Altılı Masa’nın sırrı var mı?

Hatice ERGÜN Haberleri —

  • Altı temsilcinin toplumsal cinsiyet eşitliğiyle ilgili yetersizlikleri Türkiye’deki kadın hareketlerinin mücadele tarihlerine kıyaslandığında can sıkıyor.

HATİCE ERGÜN

Türkiye’de yine seçim konuşuluyor. Recep Tayyip Erdoğan, aday olacağını söyledi. 3 Temmuz’da altılı masa, İyi Parti’nin ev sahipliğinde toplanıyor; günbegün anlamsızlaşan kurumsal siyasetin akışını tartışma kapasitelerini hızla yitiren yorumcular, masadan ortak aday açıklamasını bu toplantı sonrasında bekliyorlar. Ses yok. 

Ağırlıklı olarak sosyal medyada alternatif oluşumlarda, istisnai olarak Halk TV ya da TELE1 gibi artık ana akıma karşı bir konuma yerleşmiş olan kanallarda altılı masadan temsilcilere yer veriliyor. Masanın salt devlet başkanı seçimi için mi, yoksa Türkiye siyasetine hitap eden ortak alternatif politikalarda karar kılmayı da konuşmak üzere kurulduğu belirsiz. Ortak politika hedefleriyle ilgili duyduklarımız ya da genelleştirilebilir cümlelerden çıkarsadıklarımız alternatiften ziyade olan bitenin usulen değişmesine ve fakat temelde devamına işaret ediyor. 

Zira Türkiye siyasetinin turnusol kâğıdı olan Kürtlerin haklarını ve  toplumsal cinsiyet eşitliğini siyaset pratiğine yediren bir ortak politika tartışmasından bahsetmek mümkün değil. Masadan gelen ortak sözlerde Kürt siyasal hareketinin ve özelde HDP’nin kimlik siyaseti üzerinden ve devlet bekasına meyleden bir bakışla değerlendirildiğini kestirmek mümkün. (Belirli siyasal konular üzerine ortak söz söylememek de söz söylemek anlamına geldiği ölçüde böyle.) Toplumsal cinsiyet eşitliği söz konusu olduğunda yeni ve feminist politikaya hitap edici öneri yok. Masa, bugün, Türkiye’deki kadın hareketi için gelecekteki politikalara müdahale açısından fırsat alanı açma ihtimaline göz kırpıyor. Ancak, Masa sürecine feminist müdahalenin hemen şimdi başlamaması bu ihtimali riske atıyor. 
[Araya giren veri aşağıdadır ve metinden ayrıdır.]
-- ===== src/Deck/Registry.antt =====
-- opencode-deck/opencode-deck/ocdeck/model.py, class Registry: the agents of the deck, the six slots
-- that they hold or wait for, and the order of their producers' snapshots.
pub mod Removing
pub mod Views
pub mod Placing
pub mod Arriving
pub mod Entering
pub mod Leaving
pub mod Departing
pub mod Sweeping
pub mod Runs
pub mod Order
mod Tests
use home_ailab.Prelude.{
  ℕ, zero, suc, ◌+◌, String, Bool, true, false, not, ◌&&◌, ◌||◌, Option, none, some, List, [], ◌∷◌,
  ◌++◌, Result, ok, raise, ◌>>=◌, Error, from_option, index, store, Dict, lookup, insert, erase,
  keys, values, replicate, ◌==◌, ltb, leb, str_eq, contains, if◌then◌else◌, ℤ, pos, negsuc, eq_ℤ,
  le_ℤ, text_length, text_take, nonempty, truthy,
}
use home_ailab.Deck.Agents.{
  ProcessId, same_process, Agent, Registry, Probe, says, Registration, default,
}

-- `next((i for i, value in enumerate(slots) if value is None), None)` and `slots.index(None)`, from
-- the slot `i`
unfoldable pub first_free : ℕ → List (Option String) → Option ℕ
first_free i [] = none
first_free i (none ∷ slots) = some i
first_free i (some k ∷ slots) = first_free (i + 1) slots

-- `self.generations[slot] += 1; self.slots[slot] = key`
unfoldable pub take_slot : String → ℕ → Registry → Result Registry
take_slot key i r = do
  g ← index r.generations i
  gens ← store r.generations i (g + 1)
  slots ← store r.slots i (some key)
  ok (record r { generations = gens; slots = slots })

-- the record of a new agent
unfoldable pub new_agent : ℕ → String → ProcessId → Option ℕ → Registration → Agent
unfolding text_take
new_agent now key process slot body = record {
  id = key;
  process = process;
  slot = slot;
  label = text_take 100 (default "OpenCode" body.label);
  window_token = text_take 128 (default "" body.window_token);
  seq = negsuc 0;
  producer = none;
  retired = [];
  status = "unknown";
  pending = 0;
  last_state = 0;
  last_seen = now;
  detail = "Connecting";
}

-- the slot of a new agent is taken, if there is one
unfoldable pub enter_slot : String → Option ℕ → Registry → Result Registry
unfolding take_slot
enter_slot key none r = ok r
enter_slot key (some i) r = take_slot key i r

-- a new agent enters if its process is alive
unfoldable pub admit : Bool → String → Agent → Registry → Result (Registry × Agent)
unfolding enter_slot
admit false key agent r = Result.raise Error.value_error
admit true key agent r = do
  r' ← enter_slot key agent.slot r
  ok (record r' { records = insert key agent r'.records }, agent)

-- an agent that is not known
unfoldable pub enter_process :
    Option ProcessId → Probe → ℕ → String → Registration → Registry → Result (Registry × Agent)
unfolding first_free admit new_agent
enter_process none probe now key body r = Result.raise Error.value_error
enter_process (some process) probe now key body r =
    admit (says true (probe process)) key (new_agent now key process (first_free 0 r.slots) body) r

unfoldable pub enter : Probe → ℕ → String → Registration → Registry → Result (Registry × Agent)
unfolding enter_process
enter probe now key body r = enter_process body.process probe now key body r

abbrev pub is_same_process : Option ProcessId → ProcessId → Bool
is_same_process none q = false
is_same_process (some p) q = same_process p q

-- an agent that is known
unfoldable pub greet : ℕ → String → Registration → Agent → Registry → Result (Registry × Agent)
greet now key body agent r =
    if not (is_same_process body.process agent.process)
    then Result.raise Error.value_error
    else (let seen : Agent = record agent { last_seen = now } in
        ok (record r { records = insert key seen r.records }, seen))

-- `upsert` once the key is looked up
unfoldable pub upsert_at :
    Option Agent → Probe → ℕ → String → Registration → Registry → Result (Registry × Agent)
unfolding enter greet
upsert_at none probe now key body r = enter probe now key body r
upsert_at (some agent) probe now key body r = greet now key body agent r

abbrev pub is_key : String → Bool
is_key key = leb 1 (text_length key) && leb (text_length key) 128

unfoldable pub upsert : Probe → ℕ → Registration → Registry → Result (Registry × Agent)
unfolding upsert_at
upsert probe now body r =
    let key = default "" body.id in
    if not (is_key key)
    then Result.raise Error.value_error
    else upsert_at (lookup key r.records) probe now key body r

-- the body of a snapshot
pub record Snapshot : Type 0 where
  pub status : Option String
  pub seq : Option ℤ
  pub producer : Option String
  pub pending : Option ℤ
  pub detail : Option String

abbrev pub is_status : Option String → Bool
is_status none = false
is_status (some s) = str_eq s "idle" || str_eq s "busy" || str_eq s "retry" || str_eq s "unknown"

abbrev pub natural : Option ℤ → Option ℕ
natural none = none
natural (some (pos n)) = some n
natural (some (negsuc n)) = none

abbrev pub is_producer : Option String → Bool
is_producer none = false
is_producer (some p) = truthy p && leb (text_length p) 128

abbrev pub same_producer : Option String → String → Bool
same_producer none p = false
same_producer (some q) p = str_eq q p

-- `if r["producer"]: r["retired"].append(r["producer"])`
abbrev pub retire : Option String → List String → List String
retire none retired = retired
retire (some p) retired = if truthy p then retired ++ p ∷ [] else retired

-- the agent once a message of the producer is there: the one before is retired
unfoldable pub switch_producer : String → Agent → Agent
switch_producer producer a = if same_producer a.producer producer then a else record a {
  retired = retire a.producer a.retired;
  producer = some producer;
  seq = negsuc 0;
}

-- `r.update(...)`
abbrev pub update_agent : ℕ → ℕ → String → ℕ → String → Agent → Agent
update_agent now seq status pending detail a = record a {
  seq = pos seq;
  status = status;
  pending = pending;
  detail = text_take 200 detail;
  last_state = now;
  last_seen = now;
}

-- the end of `snapshot`, on the agent
unfoldable pub take_snapshot : ℕ → ℕ → String → String → ℕ → String → Agent → Agent × Bool
unfolding switch_producer text_take
take_snapshot now seq producer status pending detail a =
    if contains producer a.retired
    then (a, false)
    else (let b = switch_producer producer a in
        if le_ℤ (pos seq) b.seq
        then (b, false)
        else (update_agent now seq status pending detail b, true))

-- `pending` is an int of 0 to 10000; it is 0 where it is missing
abbrev pub valid_pending : Option ℤ → Option ℕ
valid_pending p = elim (natural (some (default (pos 0) p))) [
  | none ↦ none
  | some n ↦ if leb n 10000 then some n else none
]

abbrev pub check : Bool → Option String → Result String
check false o = Result.raise Error.value_error
check true o = from_option Error.value_error o

-- the values of a snapshot's body that passed the checks
pub record Report : Type 0 where
  pub status : String
  pub seq : ℕ
  pub producer : String
  pub pending : ℕ
  pub detail : String

unfoldable pub check_snapshot : Snapshot → Result Report
check_snapshot body = do
  status ← check (is_status body.status) body.status
  seq ← from_option Error.value_error (natural body.seq)
  producer ← check (is_producer body.producer) body.producer
  pending ← from_option Error.value_error (valid_pending body.pending)
  ok (record {
    status = status;
    seq = seq;
    producer = producer;
    pending = pending;
    detail = default "" body.detail;
  })

-- `snapshot` of a body that passed the checks, for an agent that is there
unfoldable pub report_to : ℕ → String → Report → Agent → Registry → Registry × Bool
unfolding take_snapshot
report_to now key p a r =
    let (b, accepted) = take_snapshot now p.seq p.producer p.status p.pending p.detail a in
    (record r { records = insert key b r.records }, accepted)

unfoldable pub report : ℕ → String → Report → Option Agent → Registry → Result (Registry × Bool)
unfolding report_to
report now key p none r = Result.raise Error.key_error
report now key p (some a) r = ok (report_to now key p a r)

unfoldable pub snapshot : ℕ → String → Snapshot → Registry → Result (Registry × Bool)
unfolding check_snapshot report
snapshot now key body r = do p ← check_snapshot body; report now key p (lookup key r.records) r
30 Haziran 2022’de SES Eşitlik, Adalet ve Kadın Platformunun düzenlediği ‘Altılı Masa Kadın Hareketi İle Buluştu’ başlıklı oturumda toplumsal cinsiyet eşitliği konusundaki ortaklık konuları net bir şekilde resmediliyor. Bu netlik, Türkiye siyasetine hâkim erkek dilinde açılıyor. Toplumsal cinsiyet eşitliğiyle ilgili olarak mevcut yönetimin uygulamalarında izlenebilecek gerileme, kadın düşmanı ve homofobik dil göz önüne alındığında – İYİ Parti temsilcisinin açıklamasına göre – tesadüfen erkek altı temsilcinin buluşmadaki duruşları önemli. Temsilciler – CHP, DP, DEVA, Gelecek Partisi, İyi Parti SP – toplumsal cinsiyet eşitliğini desteklediklerini, kadınların eşit siyasal katılımı için çaba gösterdiklerini, karar alma mekanizmalarında pozitif ayrımcılığı savunduklarını söylüyorlar. DP temsilcisi konuşmasında bayana meylediyor. Bayan terimini kullandığı için kolaylaştırıcıdan özür diliyor. Hoş. Son 30 dakikada temsilcilerin altılı masa propagandasıyla iç içe geçmiş parti propagandası yapılıyor.

Sadece kolaylaştırıcının feminist bir kadın olduğu buluşmada, altı temsilcinin toplumsal cinsiyet eşitliğiyle ilgili yetersizlikleri Türkiye’deki kadın hareketlerinin mücadele tarihlerine kıyaslandığında can sıkıyor. Üç kız çocuğu olduğunu birden fazla kez söyleyen İYİ Parti temsilcisi, an geliyor, heyecanla ‘… bir tek kadının, benden daha  fazla kadın-erkek eşitliğine inandığına inanmıyorumla’ daha önce yaptığı tesadüf açıklamasını geçersizleştiriyor. Buluşmanın formatı feminist müdahaleye izin vermiyor. Toplumsal barış üzerine tartışmanın feminist müdahale olmadan eksikliği, toplumsal cinsiyet eşitliğinin salt kadınlarla ilgili olmadığı, siyasal alanın her kesitine dokunduğu es geçiliyor. Nitekim, Kürt kadın hareketinin kazanımlarından, HDP’de açıkça gördüğümüz feminist politikalardan bahsedilmiyor.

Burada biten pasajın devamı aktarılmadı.